◆ Problem
The complete listing, repeated precisely, must form the answer.

◇ ◇ ◇ ◇

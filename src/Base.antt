-- ===== src/Base.antt =====
-- The names that every module of the development shares: those of the libraries, passed on, the
-- Boolean tests on numbers, lists under native indices, and signed integers.
mod Tests
mod Lists
mod Bytes
pub mod Tabulate
pub mod Int
pub use Tests.*
pub use Lists.*
pub use Bytes.{codes}
unfoldable pub use Bytes.{same_bytes}
pub use Prim.Native.Nat.{ℕ, zero, suc, ◌+◌, ◌-◌, ◌*◌, ◌/◌, ◌%◌, ◌^◌, ◌≤◌, ◌<◌, min, max}
pub use mathlib.Core.Path.{◌≡◌, refl, sym, ap, ◌∙◌, subst}
pub use mathlib.Core.Logic.{◌≢◌, ◌↔◌, ◌⊎◌, inl, inr}
pub use mathlib.Core.Bool.{Bool, true, false, not, ◌&&◌, ◌||◌}
pub use mathlib.Core.Option.{Option, none, some}
pub use mathlib.Core.List.{List, [], ◌∷◌, ◌++◌, map}
pub use native.Mathlib.Omega.{arith}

◇ ◇ ◇ ◇

◆ Result of this exercise
filename src/Base.antt
-- ===== src/Base.antt =====
-- The names that every module of the development shares: those of the libraries, passed on, the
-- Boolean tests on numbers, lists under native indices, and signed integers.
mod Tests
mod Lists
mod Bytes
pub mod Tabulate
pub mod Int
pub use Tests.*
pub use Lists.*
pub use Bytes.{codes}
unfoldable pub use Bytes.{same_bytes}
pub use Prim.Native.Nat.{ℕ, zero, suc, ◌+◌, ◌-◌, ◌*◌, ◌/◌, ◌%◌, ◌^◌, ◌≤◌, ◌<◌, min, max}
pub use mathlib.Core.Path.{◌≡◌, refl, sym, ap, ◌∙◌, subst}
pub use mathlib.Core.Logic.{◌≢◌, ◌↔◌, ◌⊎◌, inl, inr}
pub use mathlib.Core.Bool.{Bool, true, false, not, ◌&&◌, ◌||◌}
pub use mathlib.Core.Option.{Option, none, some}
pub use mathlib.Core.List.{List, [], ◌∷◌, ◌++◌, map}
pub use native.Mathlib.Omega.{arith}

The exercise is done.